Book Review: Finding Erin Campbell by Kathy Cunningham

Finding Erin Campbell
Author: Kathy Cunningham
Reading Level: Young Adult
Genres: Realistic Fiction | Contemporary
Released: May 25th 2015
Review Source: Author

Erin Campbell is lucky – she’s popular, she’s been accepted at Berkeley, she’s got the perfect boyfriend, a great car, parents with plenty of money, and a future that’s going to be even better than her dreams. Lucky, right?

But then one Tuesday afternoon, Erin’s luck runs out. She’s in her car, driving on a deserted country road, and she reads a text from her boyfriend. It’s only a few words, no big deal. What could happen in ten seconds, anyway? But she doesn’t see the boy on the blue bicycle. Not until it’s too late. Not until he’s lying in the road, broken and bleeding, and she’s standing there staring down at him, her cell phone in her hand.

Things get worse when another girl – Macy Wilkes, an outsider at Erin’s school – is charged with the hit-and-run. Macy is black, she doesn’t live in Erin’s upscale neighborhood, and it would be so easy for Erin to just let Macy take the rap. Or would it?

This is a novel about what it means to do the right thing in a world that isn’t always fair. Confessing could cost Erin everything – college, her boyfriend, her parents’ respect . . . even her freedom. But not confessing could cost her even more.

Erin Campbell lost herself on a Tuesday afternoon; finding herself again will mean looking at who she really is. Warts and all. And there’s nothing harder than that.

“The world can fall apart in the time it takes to read a text message.”

Just by reading the prologue, I knew this was going to be one intriguing tale to follow.

It begins with Erin Campbell - smart, friendly, wealthy, Erin. She was saying goodbye to her beloved boyfriend at the front steps of the school and about to pick up some dry cleaning on the way home, and that's when her whole world changed.

She was texting and driving, very out of character for her, when she all-of-a-sudden hit a little boy while going around a curve in the road. At first, she thought she had just dented his blue bike and knocked him over, very quickly she found out that wasn't the case. Before she knew it, she was standing over a little boy with a leg that shouldn't be bent that way and a pool of blood surrounding his head. Then she did the unthinkable... she left him there. When that guilt became too much on that one day, she called 911 on a payphone at a rest stop on the interstate.

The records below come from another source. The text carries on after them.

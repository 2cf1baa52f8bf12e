-- ===== src/Cc/Codegen/Access.antt =====
-- The loads and stores of cc/codegen.c.
use sandbox_stack.Prelude.{ℕ, ◌≡◌, inl, inr, refl, sym, subst, arith}
use sandbox_stack.Prelude.{
  Bool, true, false, not, ◌&&◌, ◌||◌, Bool-cases, ◌==◌, if◌then◌else◌, List, [], ◌∷◌, ◌++◌,
}
use sandbox_stack.Cc.Codegen.{
  vc_none, vc_i32, vc_i64, same_class, CType, memarg, FuncSig, emit, fail, load, store, class_of,
  is_ptr, ty_void, ty_bool, ty_char, ty_short, ty_int, ty_long, ty_float, ty_double, ty_ldouble,
  ty_enum, ty_ptr, ty_func, ty_array, ty_vla, ty_struct, ty_union, is_integer, is_flonum, TypeKind,
}
use sandbox_stack.Cc.Codegen.Validate.{Stack, Context, result_of}
use sandbox_stack.Cc.Codegen.Typed.{Runs, Types, emit-Types, fail-Types, if-Types, nothing}

-- A type whose value `load` leaves: it has one, and pointers have 4 bytes.
abbrev pub is_loadable : CType → Bool
is_loadable ty = not (same_class (class_of ty) vc_none) && (not (is_ptr ty) || ty.size == 4)

-- A type of which `store` takes the value: no array, function or struct
abbrev pub is_storable : CType → Bool
is_storable ty = is_loadable ty && (is_integer ty || is_flonum ty || is_ptr ty)

module _ {ctx : Context} where
  -- One of two codes
  memarg_if :
      (u : Bool) (a b align : ℕ) {ins outs : Stack}
      → ((all : List FuncSig) → Runs ctx all (memarg a align ∷ []) ins outs)
      → ((all : List FuncSig) → Runs ctx all (memarg b align ∷ []) ins outs)
      → Types ctx (emit (memarg (if u then a else b) align ∷ [])) ins outs
  memarg_if true a b align h k = emit-Types h
  memarg_if false a b align h k = emit-Types k

  -- Loads of integers, by their size
  load-sized :
      (size : ℕ) (u1 u2 : Bool)
      → Types ctx
          (if size == 1
            then emit (memarg (if u1 then 0x2d else 0x2c) 0 ∷ [])
            else if size == 2
            then emit (memarg (if u2 then 0x2f else 0x2e) 1 ∷ [])
            else if size == 4
            then emit (memarg 0x28 2 ∷ [])
            else if size == 8
            then emit (memarg 0x29 3 ∷ [])
            else fail)
          (vc_i32 ∷ [])
          (result_of (if size == 8 then vc_i64 else vc_i32))
  load-sized size u1 u2 = elim (Bool-cases (size == 8)) [
    | inl eight ↦
        let s1 : size == 1 ≡ false = ground arith in
        let s2 : size == 2 ≡ false = ground arith in
        let s4 : size == 4 ≡ false = ground arith in
        rw (s1, s2, s4, eight) (emit-Types (λ all rest st fs. refl))
    | inr other ↦ rw other (
        if-Types (size == 1) (memarg_if u1 _ _ 0 (λ all rest st fs. refl) (λ all rest st fs. refl))
          (if-Types (size == 2)
            (memarg_if u2 _ _ 1 (λ all rest st fs. refl) (λ all rest st fs. refl))
            (if-Types (size == 4) (emit-Types (λ all rest st fs. refl)) fail-Types)))
  ]

  load-kind :
      (k : TypeKind) (size : ℕ) (u : Bool)
      → is_loadable (record { kind = k; size = size; is_unsigned = u }) ≡ true
      → Types ctx
          (load (record { kind = k; size = size; is_unsigned = u }))
          (vc_i32 ∷ [])
          (result_of (class_of (record { kind = k; size = size; is_unsigned = u })))
  unfolding load
  load-kind ty_void size u h = cc
  load-kind ty_bool size u h = load-sized size (u || true) u
  load-kind ty_char size u h = load-sized size (u || false) u
  load-kind ty_short size u h = load-sized size (u || false) u
  load-kind ty_int size u h = load-sized size (u || false) u
  load-kind ty_long size u h = load-sized size (u || false) u
  load-kind ty_enum size u h = load-sized size (u || false) u
  load-kind ty_float size u h = emit-Types (λ all rest st fs. refl)
  load-kind ty_double size u h = emit-Types (λ all rest st fs. refl)
  load-kind ty_ldouble size u h = emit-Types (λ all rest st fs. refl)
  load-kind ty_ptr size u h =
      let four : size ≡ 4 = ground arith in
      subst
        (λ n.
          Types ctx (load (record { kind = ty_ptr; size = n; is_unsigned = u })) (vc_i32 ∷ [])
            (vc_i32 ∷ []))
        (sym four) (emit-Types (λ all rest st fs. refl))
  load-kind ty_func size u h = nothing
  load-kind ty_array size u h = nothing
  load-kind ty_vla size u h = nothing
  load-kind ty_struct size u h = nothing
  load-kind ty_union size u h = nothing

  pub load-Types :
      (ty : CType)
      → is_loadable ty ≡ true
      → Types ctx (load ty) (vc_i32 ∷ []) (result_of (class_of ty))
  load-Types ty h = load-kind ty.kind ty.size ty.is_unsigned h

  store-sized :
      (size : ℕ)
      → Types ctx
          (if size == 1
            then emit (memarg 0x3a 0 ∷ [])
            else if size == 2
            then emit (memarg 0x3b 1 ∷ [])
            else if size == 4
            then emit (memarg 0x36 2 ∷ [])
            else if size == 8
            then emit (memarg 0x37 3 ∷ [])
            else fail)
          (result_of (if size == 8 then vc_i64 else vc_i32) ++ (vc_i32 ∷ []))
          []
  store-sized size = elim (Bool-cases (size == 8)) [
    | inl eight ↦
        let s1 : size == 1 ≡ false = ground arith in
        let s2 : size == 2 ≡ false = ground arith in
        let s4 : size == 4 ≡ false = ground arith in
        rw (s1, s2, s4, eight) (emit-Types (λ all rest st fs. refl))
    | inr other ↦ rw other (
        if-Types (size == 1) (emit-Types (λ all rest st fs. refl)) (
          if-Types (size == 2) (emit-Types (λ all rest st fs. refl))
            (if-Types (size == 4) (emit-Types (λ all rest st fs. refl)) fail-Types)))
  ]

  store-kind :
      (k : TypeKind) (size : ℕ) (u : Bool)
      → is_storable (record { kind = k; size = size; is_unsigned = u }) ≡ true
      → Types ctx
          (store (record { kind = k; size = size; is_unsigned = u }))
          (result_of (class_of (record { kind = k; size = size; is_unsigned = u }))
            ++ (vc_i32 ∷ []))
          []
  unfolding store
  store-kind ty_void size u h = cc
  store-kind ty_bool size u h = store-sized size
  store-kind ty_char size u h = store-sized size
  store-kind ty_short size u h = store-sized size
  store-kind ty_int size u h = store-sized size
  store-kind ty_long size u h = store-sized size
  store-kind ty_enum size u h = store-sized size
  store-kind ty_float size u h = emit-Types (λ all rest st fs. refl)
  store-kind ty_double size u h = emit-Types (λ all rest st fs. refl)
  store-kind ty_ldouble size u h = emit-Types (λ all rest st fs. refl)
  store-kind ty_ptr size u h =
      let four : size ≡ 4 = ground arith in
      subst
        (λ n.
          Types ctx (store (record { kind = ty_ptr; size = n; is_unsigned = u }))
            (vc_i32 ∷ vc_i32 ∷ []) [])
        (sym four) (emit-Types (λ all rest st fs. refl))
  store-kind ty_func size u h = cc
  store-kind ty_array size u h = cc
  store-kind ty_vla size u h = cc
  store-kind ty_struct size u h = cc
  store-kind ty_union size u h = cc

  pub store-Types :
      (ty : CType)
      → is_storable ty ≡ true
      → Types ctx (store ty) (result_of (class_of ty) ++ (vc_i32 ∷ [])) []
  store-Types ty h = store-kind ty.kind ty.size ty.is_unsigned h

Story progresses to her eventually telling her best friend and then trying to move past this crushing guilt. I know it sounds like I should be hating this narrator by now, but the author has such a way with expressing Erin's thoughts that it's hard to be angry at her.

And the way the story is written, you get to see Erin's day-by-day struggles, growth, maturing, and experiences.

This story goes beyond a privileged girl making a grave mistake. It touches on questions of prejudice, racism, economic standings, and even the court system as a whole.

The story builds so steadily and understandably. Some interesting relationships are put into place, too. And there's a twist toward the end that will be just what you need to get you through the last few chapters, though I find the conclusion to drag a bit.

Overall, a great story that leads you to even question your own morality.